Participants in the testing program were bound by official secrecy. Servicemen who had witnessed the blasts, advanced toward ground zero, or handled contaminated equipment were prohibited from discussing what they had seen or experienced. The silence served the program's purposes but not its victims. In the 1970s, Avon Hudson, a nuclear veteran, broke ranks and spoke to the media about the testing and its effects. His courage helped catalyze the McClelland Royal Commission of 1984-1985, which found significant residual contamination at the test sites and confirmed that both military personnel and Aboriginal people had been exposed to dangerous levels of radioactive fallout. The commission's findings shattered the official narrative that the tests had been conducted safely and cleaned up responsibly.
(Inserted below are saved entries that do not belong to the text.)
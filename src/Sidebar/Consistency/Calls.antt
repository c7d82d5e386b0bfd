-- ===== src/Sidebar/Consistency/Calls.antt =====
-- Consistent sessions under sequences of calls of sidebar_domain_service.rs.
use prose_core_client.Base.{
  String, ℕ, Option, none, some, List, [], ◌∷◌, true, inl, inr, Bool-cases,
}
use prose_core_client.Shared.Ids.{UserId, MucId, room_bare_jid, room_muc_id}
use prose_core_client.Rooms.RoomModels.{RoomState, RoomSidebarState}
use prose_core_client.Rooms.ConnectedRooms.{get, get_all, delete_all}
use prose_core_client.Rooms.Room.{
  Room, room_id, Session, details_of, dispatch, set_state, set_sidebar_state,
}
use prose_core_client.Rooms.Service.{change}
use prose_core_client.Rooms.Service.Reconnect.{reconnect_room_if_needed}
use prose_core_client.Rooms.Service.Consistent.{
  Consistent, Keeps, continue-Consistent, match-Consistent,
}
use prose_core_client.Rooms.Service.Consistent.Steps.{forget_room-Consistent}
use prose_core_client.Rooms.Service.Consistent.Reconnecting.{reconnect_room_if_needed-Consistent}
use prose_core_client.Sidebar.{
  SidebarServices, sidebar_changed, save_bookmark_for_room, delete_bookmark, try_get_room,
}
use prose_core_client.Sidebar.Calls.{SidebarCall, call, run_calls}
use prose_core_client.Rooms.RoomError.{is_gone_err}
use prose_core_client.Rooms.Service.Connecting.{forget_room}
use prose_core_client.Sidebar.Removal.{
  handle_remote_purge, clear_cache, remove_items, handle_removed_items,
}
use prose_core_client.Sidebar.Favorites.{
  save_and_notify, apply_toggle, toggle_item_is_favorite, forget_item, destroy_connected,
  destroy_room,
}
use prose_core_client.Sidebar.Disconnect.{
  disconnect_all, handle_disconnect, room_state_beq, notify_unless_same, ping, ping_all,
  handle_ping_timer_event,
}
use prose_core_client.Sidebar.Joins.{insert_item_by_creating_or_joining_room}
use prose_core_client.Sidebar.Consistency.Joins.{
  insert_item-Consistent, handle_received_message-Consistent,
}
use prose_core_client.Sidebar.Consistency.Extending.{extend-Consistent, populate_sidebar-Consistent}
use prose_core_client.Sidebar.Consistency.Destroyed.{
  handle_destroyed_room-Consistent, handle_removal-Consistent,
}
use prose_core_client.Sidebar.Consistency.{
  SidebarKeeping, try_get_room-Consistent, save_bookmark-Consistent, delete_bookmark-Consistent,
  remove_loop-Consistent, removed_loop-Consistent, exit_all-Consistent, cleared-Consistent,
}

module _ (c : SidebarServices) (keep : SidebarKeeping c) where
  save_and_notify-Consistent : (fuel : ℕ) (room : Room) → Keeps (save_and_notify c fuel room)
  unfolding save_and_notify sidebar_changed dispatch
  save_and_notify-Consistent fuel room s h =
      continue-Consistent (save_bookmark_for_room c room s) (λ u. change sidebar_changed)
        (save_bookmark-Consistent c keep room s h) (λ u s1 h1. h1)

  apply_toggle-Consistent :
      (fuel : ℕ) (room : Room) (state : Option RoomSidebarState)
      → Keeps (apply_toggle c fuel room state)
  unfolding apply_toggle set_sidebar_state
  apply_toggle-Consistent fuel room none s h = h
  apply_toggle-Consistent fuel room (some state) s h =
      save_and_notify-Consistent fuel room (set_sidebar_state room state s) h

  disconnect_all-Consistent :
      (rooms : List Room) (s : Session) → Consistent s → Consistent (disconnect_all rooms s)
  unfolding disconnect_all set_state
  disconnect_all-Consistent [] s h = h
  disconnect_all-Consistent (room ∷ rooms) s h =
      disconnect_all-Consistent rooms (set_state room (RoomState.disconnected none true) s) h

  notify_unless_same-Consistent :
      (fuel : ℕ) (state : RoomState) (room : Room) → Keeps (notify_unless_same c fuel state room)
  unfolding notify_unless_same sidebar_changed dispatch
  notify_unless_same-Consistent fuel state room s h =
      elim (Bool-cases (room_state_beq (details_of room s).state state)) [
        | inl same ↦ rw (notify_unless_same, same) h
        | inr other ↦ rw (notify_unless_same, other) h
      ]

  ping-Consistent : (fuel : ℕ) (room : Room) (id : Option MucId) → Keeps (ping c fuel room id)
  unfolding ping
  ping-Consistent fuel room none s h = h
  ping-Consistent fuel room (some id) s h =
      let state = (details_of room s).state in
      match-Consistent (reconnect_room_if_needed c.rooms fuel id s)
        (λ u. notify_unless_same c fuel state room) (λ e. notify_unless_same c fuel state room)
        (reconnect_room_if_needed-Consistent c.rooms keep.rooms fuel id s h)
        (λ u. notify_unless_same-Consistent fuel state room)
        (λ e. notify_unless_same-Consistent fuel state room)

  ping_all-Consistent : (fuel : ℕ) (rooms : List Room) → Keeps (ping_all c fuel rooms)
  unfolding ping_all
  ping_all-Consistent fuel [] s h = h
  ping_all-Consistent fuel (room ∷ rooms) s h =
      continue-Consistent (ping c fuel room (room_muc_id (room_id room)) s) _
        (ping-Consistent fuel room (room_muc_id (room_id room)) s h)
        (λ u. ping_all-Consistent fuel rooms)

  forget_item-Consistent : (fuel : ℕ) (id : MucId) → Keeps (forget_item c fuel id)
  unfolding forget_item sidebar_changed dispatch
  forget_item-Consistent fuel id s h =
      continue-Consistent (delete_bookmark c id (forget_room id s)) _
        (delete_bookmark-Consistent c keep id (forget_room id s) (forget_room-Consistent id s h))
        (λ u s1 h1. h1)

  destroy_connected-Consistent :
      (fuel : ℕ) (id : MucId) (room : Option Room) → Keeps (destroy_connected c fuel id room)
  unfolding destroy_connected
  destroy_connected-Consistent fuel id none s h = h
  destroy_connected-Consistent fuel id (some room) s h =
      match-Consistent (c.rooms.destroy_room id none s) _ _ (keep.rooms.destroy_room id none s h)
        (λ u. forget_item-Consistent fuel id)
        (λ e s1 h1. elim (Bool-cases (is_gone_err c.rooms.from_iri e)) [
          | inl gone ↦ rw (gone) (forget_item-Consistent fuel id s1 h1)
          | inr other ↦ rw (other) h1
        ])

  call-Consistent :
      (username : UserId → String) (fuel : ℕ) (x : SidebarCall) → Keeps (call c username fuel x)
  unfolding call remove_items handle_removed_items toggle_item_is_favorite handle_disconnect
      handle_ping_timer_event destroy_room handle_remote_purge clear_cache delete_all
  call-Consistent username fuel (SidebarCall.remove ids) s h =
      continue-Consistent (c.rooms.connected_account s) _ (keep.rooms.connected_account s h)
        (λ account. remove_loop-Consistent c keep ids)
  call-Consistent username fuel (SidebarCall.were_removed ids) s h =
      continue-Consistent (c.rooms.connected_account s) _ (keep.rooms.connected_account s h)
        (λ account. removed_loop-Consistent c keep ids)
  call-Consistent username fuel (SidebarCall.toggle id) s h =
      continue-Consistent (try_get_room c (room_bare_jid id) s) _
        (try_get_room-Consistent c keep (room_bare_jid id) s h)
        (λ room s1. apply_toggle-Consistent fuel room _ s1)
  call-Consistent username fuel SidebarCall.lose_connection s h =
      match-Consistent (c.rooms.connected_account s) _ _ (keep.rooms.connected_account s h)
        (λ account s1. disconnect_all-Consistent (get_all room_id s1.connected) s1) (λ e s1 h1. h1)
  call-Consistent username fuel SidebarCall.ping_timer s h =
      continue-Consistent (c.rooms.connected_account s) _ (keep.rooms.connected_account s h)
        (λ account s1. ping_all-Consistent fuel (get_all room_id s1.connected) s1)
  call-Consistent username fuel (SidebarCall.destroy id) s h =
      continue-Consistent (c.rooms.connected_account s) _ (keep.rooms.connected_account s h)
        (λ account s1. destroy_connected-Consistent fuel id (get room_id id s1.connected) s1)
  call-Consistent username fuel SidebarCall.remote_purge s h =
      continue-Consistent (c.rooms.connected_account s) _ (keep.rooms.connected_account s h)
        (λ account s1 h1.
          exit_all-Consistent c keep (get_all room_id s1.connected) (record s1 { connected = [] })
            (cleared-Consistent s1))
  call-Consistent username fuel SidebarCall.clear s h =
      continue-Consistent (c.rooms.connected_account s) _ (keep.rooms.connected_account s h)
        (λ account s1 h1. cleared-Consistent s1)
  call-Consistent username fuel (SidebarCall.insert_item request) s h =
      continue-Consistent (insert_item_by_creating_or_joining_room c fuel request s) _
        (insert_item-Consistent c keep fuel request s h) (λ id s1 h1. h1)
  call-Consistent username fuel (SidebarCall.received_message id from) s h =
      handle_received_message-Consistent c keep fuel id from s h
  call-Consistent username fuel SidebarCall.populate s h =
      populate_sidebar-Consistent c keep username fuel s h
  call-Consistent username fuel (SidebarCall.extend bs) s h =
      extend-Consistent c keep username fuel bs s h
  call-Consistent username fuel (SidebarCall.was_destroyed id alternate) s h =
      handle_destroyed_room-Consistent c keep username fuel id alternate s h
  call-Consistent username fuel (SidebarCall.was_removed_from id is_permanent) s h =
      handle_removal-Consistent c keep username fuel id is_permanent s h

-- Any sequence of calls keeps a session consistent, when the services that are called and the events
-- that arrive meanwhile do: every connected room stands at its own bare JID, was made by the client,
-- and shares its details with no other connected room. The calls insert items by creating or joining
-- rooms, receive messages, populate and extend the sidebar from bookmarks (with pending rooms that are
-- then joined), replace destroyed rooms by their alternates, handle removals from rooms, remove items,
-- toggle favorites, destroy rooms, handle lost connections, pings and purged bookmarks, and clear the
-- cache; they may fail.
pub run_calls-Consistent :
    (c : SidebarServices) (username : UserId → String) (fuel : ℕ) (calls : List SidebarCall)
    (s : Session)
    → SidebarKeeping c
    → Consistent s
    → Consistent (run_calls c username fuel calls s)
unfolding run_calls
run_calls-Consistent c username fuel [] s keep h = h
run_calls-Consistent c username fuel (x ∷ xs) s keep h =
    run_calls-Consistent c username fuel xs (call c username fuel x s).1 keep
      (call-Consistent c keep username fuel x s h)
Coming Home to Poisoned Ground

In January 1985, under the Maralinga Tjarutja Land Rights Act 1984, freehold title was returned to the traditional owners. They resettled at Oak Valley, a new community about 128 kilometers north-northwest of the original Maralinga township. In 1994, the Australian government paid $13.5 million in compensation -- a settlement for all claims related to the nuclear testing. Cleanup efforts were completed in 2000, with contaminated soil and debris buried in trenches 16 meters deep. But in 2021, scientists at Monash University found that radioactive "hot" particles persist in the soil, and that natural desert processes may be slowly releasing plutonium into the environment, where wildlife could absorb it. In 2003, Premier Mike Rann opened a new school at Oak Valley, replacing what had been called the "worst school in Australia." The Maralinga Tjarutja are building a future on land that still carries the residue of someone else's weapons program.
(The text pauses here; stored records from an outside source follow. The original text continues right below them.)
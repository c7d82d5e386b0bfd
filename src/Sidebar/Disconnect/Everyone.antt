-- ===== src/Sidebar/Disconnect/Everyone.antt =====
-- The rooms under `handle_disconnect` (sidebar_domain_service.rs).
use prose_core_client.Base.{
  ◌≡◌, ◌∙◌, ap, refl, sym, ℕ, none, List, [], ◌∷◌, Bool, true, false, ◌||◌, inl, inr, Bool-cases,
  any, if◌then◌else◌, ◌==◌, ==_iff, nat_eq,
}
use prose_core_client.Shared.Ids.{UserId}
use prose_core_client.Rooms.RoomModels.{RoomState, RoomDetails}
use prose_core_client.Rooms.ConnectedRooms.{get_all}
use prose_core_client.Rooms.Room.{Room, room_id, Session, details_of, modify, set_state}
use prose_core_client.Rooms.Room.Changes.{details_of-modify}
use prose_core_client.Rooms.Service.{Outcome}
use prose_core_client.Sidebar.{SidebarServices}
use prose_core_client.Sidebar.Disconnect.{disconnect_all, handle_disconnect}

abbrev pub lost : RoomDetails → RoomDetails
lost d = record d { state = RoomState.disconnected none true }

-- A handle shares its details with one of the rooms.
abbrev pub is_among : Room → List Room → Bool
is_among r rooms = any (λ other. r.inner == other.inner) rooms

combine :
    (b a : Bool) (d d' : RoomDetails)
    → d' ≡ (if a then lost d else d)
    → (if b then lost d' else d') ≡ (if a || b then lost d else d)
combine true true d d' h = ap lost h
combine true false d d' h = ap lost h
combine false true d d' h = h
combine false false d d' h = h

-- Nothing but the details of rooms differs.
abbrev pub SameApartFromDetails : Session → Session → Type 0
SameApartFromDetails s s' =
    (s'.connected ≡ s.connected)
    × (s'.fresh ≡ s.fresh)
    × (s'.events ≡ s.events)
    × (s'.sent ≡ s.sent)

disconnect_all-same :
    (rooms : List Room) (s : Session) → SameApartFromDetails s (disconnect_all rooms s)
unfolding disconnect_all set_state modify
disconnect_all-same [] s = (refl, refl, refl, refl)
disconnect_all-same (x ∷ rooms) s =
    disconnect_all-same rooms (set_state x (RoomState.disconnected none true) s)

details_of-set_state :
    (r x : Room) (s : Session)
    → details_of r (set_state x (RoomState.disconnected none true) s)
      ≡ (if r.inner == x.inner then lost (details_of r s) else details_of r s)
unfolding set_state
details_of-set_state r x s = elim (Bool-cases (r.inner == x.inner)) [
  | inl same ↦
      details_of-modify x r lost s
      ∙ rw same (cell r.inner x.inner ((==_iff r.inner x.inner).0 same))
  | inr other ↦ details_of-modify x r lost s ∙ rw other refl
]
  where
    cell : (a b : ℕ) → a ≡ b → lost (s.details b) ≡ lost (s.details a)
    cell a b e = λ i. lost (s.details (sym e i))

disconnect_all_lem :
    (r : Room) (rooms : List Room) (s : Session)
    → details_of r (disconnect_all rooms s)
      ≡ (if is_among r rooms then lost (details_of r s) else details_of r s)
unfolding disconnect_all
disconnect_all_lem r [] s = refl
disconnect_all_lem r (x ∷ rooms) s =
    disconnect_all_lem r rooms (set_state x (RoomState.disconnected none true) s)
    ∙ combine (is_among r rooms) (r.inner == x.inner) (details_of r s)
        (details_of r (set_state x (RoomState.disconnected none true) s))
        (details_of-set_state r x s)

-- When an account is connected, handling a lost connection succeeds and disconnects exactly the rooms
-- that share their details with a connected one: they may be tried again, and nothing else about them
-- changes. No other room changes, all connected rooms stay, no event is dispatched and no bookmark is
-- touched.
pub handle_disconnect_lem :
    (c : SidebarServices) (fuel : ℕ) (account : UserId) (s : Session) (r : Room)
    → c.rooms.connected_account s ≡ (Outcome.done account, s)
    → ((handle_disconnect c fuel s).0 ≡ Outcome.done tt)
      × (details_of r (handle_disconnect c fuel s).1 ≡ (
          if is_among r (get_all room_id s.connected)
          then lost (details_of r s)
          else details_of r s))
      × SameApartFromDetails s (handle_disconnect c fuel s).1
unfolding handle_disconnect
handle_disconnect_lem c fuel account s r there = rw there (
  refl,
  disconnect_all_lem r (get_all room_id s.connected) s,
  disconnect_all-same (get_all room_id s.connected) s,
)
Deep Time Meets the Atomic Age

A 2020 documentary film, Maralinga Tjarutja, directed by Larissa Behrendt, gave the community's elders a platform to speak about their country in their own terms. The film was broadcast deliberately alongside the drama series Operation Buffalo, offering an Indigenous perspective that the dramatization could not. The elders, according to one review, revealed "a perspective of deep time and an understanding of place that generates respect for the sacredness of both" -- a relationship with country measured not in decades but in millennia. The callous disregard shown by the British and Australian governments for the Anangu's occupation of the land was, in this framing, not just a policy failure but a failure of imagination. The people of Maralinga continue to care for country that others contaminated. Their story is one of resilience, persistence, and a connection to land that nuclear weapons could damage but not destroy.

From the Air

Located at approximately 30.15S, 131.58E, within the Great Victoria Desert in western South Australia. The area lies within the Woomera Prohibited Area and is characterized by flat, red-brown desert scrubland. Former test infrastructure and blast sites may be faintly visible from lower altitudes. The Oak Valley community lies approximately 128 km to the north-northwest. Nearest airports: Woomera (YPWR), Ceduna (YCDU). Note: Airspace restrictions may apply within the Woomera Prohibited Area. Conditions are typically clear and dry, with temperatures ranging from below freezing in winter to over 44 degrees Celsius in summer.